Stadia would let me play some of the hi-fi titles out there without buying a
more serious console or a newer PC. Hell, even the Witcher novels were fun to
read and I'd enjoy trying the games. I ordered a founder's edition Stadia, but
haven't received it yet.

Biggest drawback to me is that it won't support a higher quality VR headset
than my Quest, like the Index, and won't support the latest Half Life game.
What if the next Portal is in VR? Then I'll have to buy a PC and Stadia was
pointless...

------
api
Google Stadia belongs to yet another category: products that some people like
and want and others hate and hope fail for social/political/economic reasons.
AMP and Facebook Libra are other examples of products like this.
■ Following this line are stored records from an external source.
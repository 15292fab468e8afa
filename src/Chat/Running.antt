-- ===== src/Chat/Running.antt =====
-- `performRun` of frontend/components/admin/chat-workspace.tsx, split at its awaits. The ids that
-- `newID` makes are arguments.
pub mod Streams
use gx_notion2api.Prelude.{
  ℕ, ◌+◌, Bool, true, false, not, ◌&&◌, ◌||◌, Option, none, some, List, [], ◌∷◌, ◌++◌, Text, txt,
  map, if◌then◌else◌, any, is_present, is_given, or_text, or_else, option_eq, text_eq, take, ltb,
  flag, listed, length, trim,
}
use gx_notion2api.Types.Conversations.{
  ConversationMessage, ConversationMessageAttachment, ConversationDetail,
}
use gx_notion2api.Types.Chat.{AttachmentInput, ChatRunInput, ChatRunResult}
use gx_notion2api.Chat.Attachments.{ChatFile}
use gx_notion2api.Chat.Targets.{Target, ChatTarget, is_auto, find_target}
use gx_notion2api.Chat.State.{ChatState, is_held}
use gx_notion2api.Chat.Opening.{bound_to, is_active_status}

-- What a run captures when it starts
pub record Run : Type 0 where
  pub id : Text
  pub answer_id : Text
  pub is_new : Bool
  pub sent_prompt : Text
  pub sent_files : List ChatFile
  pub model : Text
  pub use_web_search : Bool
  pub selected_target : Option ChatTarget

abbrev pub no_files : List ChatFile → Bool
no_files [] = true
no_files (file ∷ files) = false

-- The first early return of `performRun`
unfoldable pub cannot_run : ChatState → Bool
cannot_run s =
    is_held s.abort_ref
    || s.saving_edit
    || s.loading
    || s.load_failed
    || s.remote_running
    || (not (is_present (trim s.prompt)) && no_files s.files)

abbrev pub is_missing : Option ChatTarget → Bool
is_missing none = true
is_missing (some target) = false

abbrev pub id_or : Text → Text → Text
id_or id other = if is_present id then id else other

abbrev pub lost_notice : Text
lost_notice = txt "所选工作区已不可用，请重新选择商业工作区。"

-- `performRun` up to the reading of the files
unfoldable pub start_run : List ChatTarget → Text → Text → ChatState → ChatState × Option Run
unfolding cannot_run
start_run targets new_conversation new_answer s =
    let selected = find_target s.target targets in
    let run : Run = record {
      id = id_or s.conversation_id (txt "conv_" ++ new_conversation);
      answer_id = txt "answer_" ++ new_answer;
      is_new = not (is_present s.conversation_id);
      sent_prompt = s.prompt;
      sent_files = s.files;
      model = s.model;
      use_web_search = s.use_web_search;
      selected_target = selected;
    } in
    if cannot_run s
    then (s, none)
    else if not (is_present s.conversation_id) && not (is_auto s.target) && is_missing selected
    then (record s { error = lost_notice }, none)
    else (record s { abort_ref = some false; running = true; error = [] }, some run)

abbrev pub plain_message : ConversationMessage
plain_message = record {
  requested_model = none;
  model_selection_mode = none;
  model_observations = none;
  id = none;
  role = none;
  status = none;
  content = none;
  created_at = none;
  updated_at = none;
  edited_at = none;
  truncated = none;
  step_type = none;
  attachments = none;
}

abbrev pub shown_file : ChatFile → ConversationMessageAttachment
shown_file file = record {
  name = some file.name;
  content_type = some file.content_type;
  content_type_camel = none;
  url = none;
  source = none;
}

abbrev pub user_message : Run → ConversationMessage
user_message run = record plain_message {
  id = some (txt "user_" ++ run.answer_id);
  role = some (txt "user");
  content = some run.sent_prompt;
  status = some (txt "completed");
  attachments = some (map shown_file run.sent_files);
}

abbrev pub empty_answer : Run → ConversationMessage
empty_answer run = record plain_message {
  id = some run.answer_id;
  role = some (txt "assistant");
  content = some [];
  status = some (txt "streaming");
}

unfoldable pub run_input : Run → List AttachmentInput → ChatRunInput
run_input run attachments = record {
  account_email = elim run.selected_target [ none ↦ none | some target ↦ some target.email ];
  workspace_id = elim run.selected_target [ none ↦ none | some target ↦ some target.workspace_id ];
  prompt = run.sent_prompt;
  model = run.model;
  use_web_search = run.use_web_search;
  attachments = attachments;
  conversation_id = some run.id;
}

abbrev pub is_aborted : Option Bool → Bool
is_aborted none = false
is_aborted (some b) = b

-- `abortRef.current = null; if (mounted.current) setRunning(false);`
unfoldable pub finish_run : ChatState → ChatState
finish_run s = record s { abort_ref = none; running = if s.mounted then false else s.running }

abbrev pub shown_turn : Run → ChatState → ChatState
shown_turn run s = record s {
  title = if run.is_new then or_text (some (take 60 run.sent_prompt)) (txt "附件对话") else s.title;
  conversation_id = run.id;
  messages = s.messages ++ user_message run ∷ empty_answer run ∷ [];
  prompt = [];
  files = [];
}

-- `performRun` from the read files to the request, which is sent unless the run was stopped
unfoldable pub files_read : Run → List AttachmentInput → ChatState → ChatState × Option ChatRunInput
unfolding run_input finish_run
files_read run attachments s =
    if is_aborted s.abort_ref
    then (finish_run s, none)
    else (shown_turn run s, some (run_input run attachments))

-- `current.map((message) => message.id === answerID ? f(message) : message)`
unfoldable pub update_message :
    Text
    → (ConversationMessage → ConversationMessage)
    → List ConversationMessage
    → List ConversationMessage
update_message id f [] = []
update_message id f (message ∷ messages) =
    (if option_eq message.id (some id) then f message else message) ∷ update_message id f messages

abbrev pub content_of : ConversationMessage → Text
content_of message = or_text message.content []

abbrev pub with_delta : Text → ConversationMessage → ConversationMessage
with_delta delta message = record message { content = some (content_of message ++ delta) }

-- The callback of the stream
unfoldable pub delta_came : Run → Text → ChatState → ChatState
unfolding update_message
delta_came run delta s =
    if s.mounted
    then record s { messages = update_message run.answer_id (with_delta delta) s.messages }
    else s

abbrev pub completed : ChatRunResult → ConversationMessage → ConversationMessage
completed result message = record message {
  content = some result.text;
  status = some (txt "completed");
  truncated = result.truncated;
}

-- `performRun` from the answer to the reload; a run that has left the page is over.
unfoldable pub result_came : Run → ChatRunResult → ChatState → ChatState × Bool
unfolding update_message finish_run
result_came run result s =
    if s.mounted
    then (
      record s {
        conversation_id = id_or result.conversation_id run.id;
        remote_only = false;
        messages = update_message run.answer_id (completed result) s.messages;
      },
      true,
    )
    else (finish_run s, false)

-- The end of a run, with what the reload brings, if anything
unfoldable pub reload_came : Option ConversationDetail → ChatState → ChatState
unfolding finish_run
reload_came none s = finish_run s
reload_came (some item) s = finish_run (
    if s.mounted
    then record s {
      messages = listed item.messages;
      owner = or_text item.account_email [];
      target = bound_to item.account_email item.space_id s.target;
    }
    else s)

abbrev pub failed_message : ConversationMessage → ConversationMessage
failed_message message = record message { status = some (txt "failed") }

abbrev pub run_error : Bool → Option Text → Text
run_error true cause = txt "已停止生成"
run_error false none = txt "生成失败"
run_error false (some message) = message

-- The `catch` up to its reload; the draft and the files come back unless the operator stopped the run.
unfoldable pub run_failed : Run → Option Text → ChatState → ChatState × Bool
unfolding update_message finish_run
run_failed run cause s =
    let stopped = is_aborted s.abort_ref in
    if s.mounted
    then (
      record s {
        error = run_error stopped cause;
        messages = update_message run.answer_id failed_message s.messages;
        prompt = if stopped then s.prompt else id_or s.prompt run.sent_prompt;
        files = if stopped then s.files else run.sent_files;
      },
      true,
    )
    else (finish_run s, false)

abbrev pub last_message : List ConversationMessage → Option ConversationMessage
last_message [] = none
last_message (m ∷ []) = some m
last_message (m ∷ n ∷ rest) = last_message (n ∷ rest)

-- Does the screen show more of the answer than the server's last message?
unfoldable pub shows_more : Text → Option ConversationMessage → ConversationMessage → Bool
shows_more answer_id none message = false
shows_more answer_id (some optimistic) message =
    option_eq message.role (some (txt "assistant"))
    && option_eq optimistic.id (some answer_id)
    && ltb (length (content_of message)) (length (content_of optimistic))

abbrev pub shown_content : Option ConversationMessage → Option Text
shown_content none = none
shown_content (some optimistic) = optimistic.content

abbrev pub partial_answer : Option ConversationMessage → ConversationMessage → ConversationMessage
partial_answer optimistic message = record message {
  content = shown_content optimistic;
  status = some (txt "failed");
}

-- `persisted.map(…)`, which looks at the last message alone
unfoldable pub reconcile :
    Text → Option ConversationMessage → List ConversationMessage → List ConversationMessage
unfolding shows_more
reconcile answer_id optimistic [] = []
reconcile answer_id optimistic (m ∷ []) =
    (if shows_more answer_id optimistic m then partial_answer optimistic m else m) ∷ []
reconcile answer_id optimistic (m ∷ n ∷ rest) = m ∷ reconcile answer_id optimistic (n ∷ rest)

-- The end of a failed run, with what the reload brings, if anything
unfoldable pub recovery_came : Run → Option ConversationDetail → ChatState → ChatState
unfolding finish_run reconcile
recovery_came run none s = finish_run s
recovery_came run (some item) s = finish_run (
    if s.mounted
    then record s {
      messages = reconcile run.answer_id (last_message s.messages) (listed item.messages);
      remote_only = flag item.remote_only;
      owner = or_text item.account_email [];
      target = bound_to item.account_email item.space_id s.target;
      remote_running = is_active_status item.status;
    }
    else s)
I hope Stadia fails because if PC gaming dies it will harm consumers broadly
by further decimating the high-end PC market and reducing demand for high-end
edge device CPUs, GPUs, etc.

We do not want a world where all compute belongs to someone else.

------
devit
Seems to me that it would be very good for people who have fiber connections
at home and are close to a Google datacenter (or just don't care about
latency), and want to enjoy gaming on a high-end GPU without having to pay for
it and own a physical desktop computer (perhaps because they don't have the
budget, or play games rarely, or buying a desktop computer is hard or
uncomfortable for them).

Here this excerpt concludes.